# Burton Bullet



## Switzb (Jan 28, 2021)

Possibly buying this Burton Bullet. Any info on year it was new and original price?


https://images.the-house.com/burt-bullet-157-10.jpg


----------



## Snow Hound (Jul 21, 2012)

Switzb said:


> Possibly buying this Burton Bullet. Any info on year it was new and original price?
> 
> 
> https://images.the-house.com/burt-bullet-157-10.jpg


They stopped using the 3D hole pattern (except for low end and rental fleet boards) around '09 so that board is either pretty old or was a very basic model. The owner should be giving it away as it is not worth any money.


----------



## pabstbluribbin (Nov 26, 2019)

Switzb said:


> Possibly buying this Burton Bullet. Any info on year it was new and original price?
> 
> 
> https://images.the-house.com/burt-bullet-157-10.jpg


You could try boardvault.net. I sold my 2002 Burton Bullet last year with Burton SI (old style) boots and bindings. I would argue depending on condition, it could be worth SOMETHING. I sold my entire setup for $100 to a local high school kid who had outgrown his old gear and didn't have enough for new.
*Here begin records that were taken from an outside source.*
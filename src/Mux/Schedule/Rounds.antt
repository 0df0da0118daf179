-- ===== src/Mux/Schedule/Rounds.antt =====
-- mux.go: what the retry loop does with a job that keeps failing.
use pepperbus.Base.{
  ℕ, ◌+◌, ◌*◌, ◌^◌, ◌≤◌, ◌<◌, ◌≡◌, sym, false, ◌&&◌, ltb, List, [], ◌∷◌, length, if◌then◌else◌,
}
use pepperbus.Base.Int.{ℤ, pos, leb_ℤ}
use pepperbus.Base.Text.{Text}
use pepperbus.Job.{Job, Codec, RoundTrip}
use pepperbus.Mux.{retry_round}
use pepperbus.Mux.Retry.{retry_round-moves}
use pepperbus.Mux.Schedule.{returned, waiting, waited, cycle, cycles, cycles-granted, cycles-is_due}
use pepperbus.Mux.Types.{TopicRetry}
use pepperbus.Redis.Wire.{Server}
use pepperbus.Redis.Healthy.{Healthy}
use pepperbus.Storage.Key.{common_queue, retry_queue, timeout_queue}
use pepperbus.Storage.Topic.{append, replace, view}

module _ (codec : Codec) (server : Server) (healthy : Healthy server) {IsClean : Job → Type 0}
    (trip : RoundTrip codec IsClean) where
  open server use {Store}

  -- A fresh job has failed k + 1 times, the last time at n seconds, and k times it was put back, at
  -- any times and after any number of checks that came too early; now it is the oldest job of the
  -- retry queue. If the topic retries and the k waits
  -- before, 30 · (0 + 1 + … + (k - 1)) seconds together, are less than the topic's retry time, the
  -- retry loop puts the job back to the common queue, as a job with one cycle more, once 30 · k
  -- seconds are over since n, and to the end of the retry queue before that. Otherwise the job goes
  -- to the timeout queue. (For k up to a million, times after 0 and below 2 ^ 40, a retry time below
  -- 2 ^ 62, a healthy Redis and jobs that can be encoded.)
  pub retry_round-budget :
      (conf : TopicRetry) (budget : ℕ) (q t trace : Text) (ts : List (ℤ × List ℤ × ℤ)) (n : ℕ)
      (early : List ℤ) (later : ℤ) (s : Store) (job : Job) (rest : List Job)
      → conf.retry_time ≡ pos budget
      → budget < 2 ^ 62
      → length ts ≤ 2 ^ 20
      → job.retry_times ≡ pos 0
      → job.begin_retry ≡ false
      → 0 < n
      → n < 2 ^ 40
      → (view codec server healthy q t s).retry
        ≡ returned conf (pos n) early (cycles conf ts job) ∷ rest
      → IsClean (cycles conf ((pos n, early, later) ∷ ts) job)
      → IsClean (returned conf (pos n) (later ∷ early) (cycles conf ts job))
      → IsClean (waiting conf (pos n) early (cycles conf ts job))
      → view codec server healthy q t (retry_round codec server q t false trace later s).1 ≡ (
          let k = length ts in
          let failed = cycles conf ts job in
          let taken = replace retry_queue rest (view codec server healthy q t s) in
          if conf.is_retry && ltb (waited k) budget
          then (if leb_ℤ (pos (n + 30 * k)) later
              then append common_queue (cycles conf ((pos n, early, later) ∷ ts) job ∷ []) taken
              else append retry_queue (returned conf (pos n) (later ∷ early) failed ∷ []) taken)
          else append timeout_queue (waiting conf (pos n) early failed ∷ []) taken)
  unfolding cycles cycle returned
  retry_round-budget conf budget q t trace ts n early later s job rest configured small few fresh
        not_begun known soon oldest next_clean later_clean over_clean =
      rw
        (
          sym (
              cycles-granted conf budget configured small ts (pos n) early job few fresh not_begun),
          sym (
              cycles-is_due conf budget configured small ts n early later job few fresh not_begun
                known soon),
        )
        (retry_round-moves codec server healthy trip q t trace later s
          (returned conf (pos n) early (cycles conf ts job)) rest oldest next_clean later_clean
          over_clean)
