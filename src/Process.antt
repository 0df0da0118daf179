-- ===== src/Process.antt =====
-- proc.go, `StopProcess`: the signals for a process that has to stop. The i-th answer of the kernel
-- is an argument.
pub mod Stop
pub mod Worker
use pepperbus.Base.{
  ℕ, zero, suc, Bool, true, false, List, [], ◌∷◌, Option, none, some, if◌then◌else◌,
}
use pepperbus.Base.Int.{ℤ, pos, ltb_ℤ}

-- `ESRCH`, that there is no such process, or another error number.
pub data Errno : Type 0 where
  no_process : Errno
  other : ℕ → Errno

-- SIGINT, the signal 0, which only asks for the process, and SIGKILL.
pub data Signal : Type 0 where
  interrupt probe force : Signal

abbrev pub is_gone : Option Errno → Bool
is_gone none = false
is_gone (some no_process) = true
is_gone (some (other n)) = false

-- The error that is returned, and the signals that were sent.
pub record Stopped : Type 0 where
  pub error : Option Errno
  pub sent : List Signal

abbrev after : Signal → Stopped → Stopped
after signal r = record { error = r.error; sent = signal ∷ r.sent }

-- The answer to a signal is not looked at but for ESRCH.
abbrev unless_gone : Signal → Option Errno → Stopped → Stopped
unless_gone signal answer next =
    if is_gone answer then record { error = none; sent = signal ∷ [] } else after signal next

module _ (kill : ℕ → Option Errno) where
  -- The last question: its answer is the result.
  abbrev ask_again : ℕ → Stopped
  ask_again i = unless_gone probe (kill i) (record { error = kill i; sent = [] })

  abbrev force_stop : ℕ → Stopped
  force_stop i = unless_gone force (kill i) (ask_again (suc i))

  -- The seconds of the loop that are left, a probe at the end of each.
  unfoldable pub wait_for : ℕ → ℕ → Stopped
  wait_for zero i = force_stop i
  wait_for (suc left) i = unless_gone probe (kill i) (wait_for left (suc i))

  -- `StopProcess`.
  unfoldable pub stop_process : ℤ → Stopped
  unfolding wait_for
  stop_process pid =
      if ltb_ℤ pid (pos 0)
      then record { error = none; sent = [] }
      else unless_gone interrupt (kill 0) (wait_for 10 1)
I would argue it was a hell of a deal for him...board was in very good condition for its age, but I also took great care of it and didn't ride it a whole lot recently due to family situation changing. Not trying to disagree with last poster, the assumption is a 10 yr old board will be in bad shape, which is entirely possible, but its also possible it is worth at least something to someone.


----------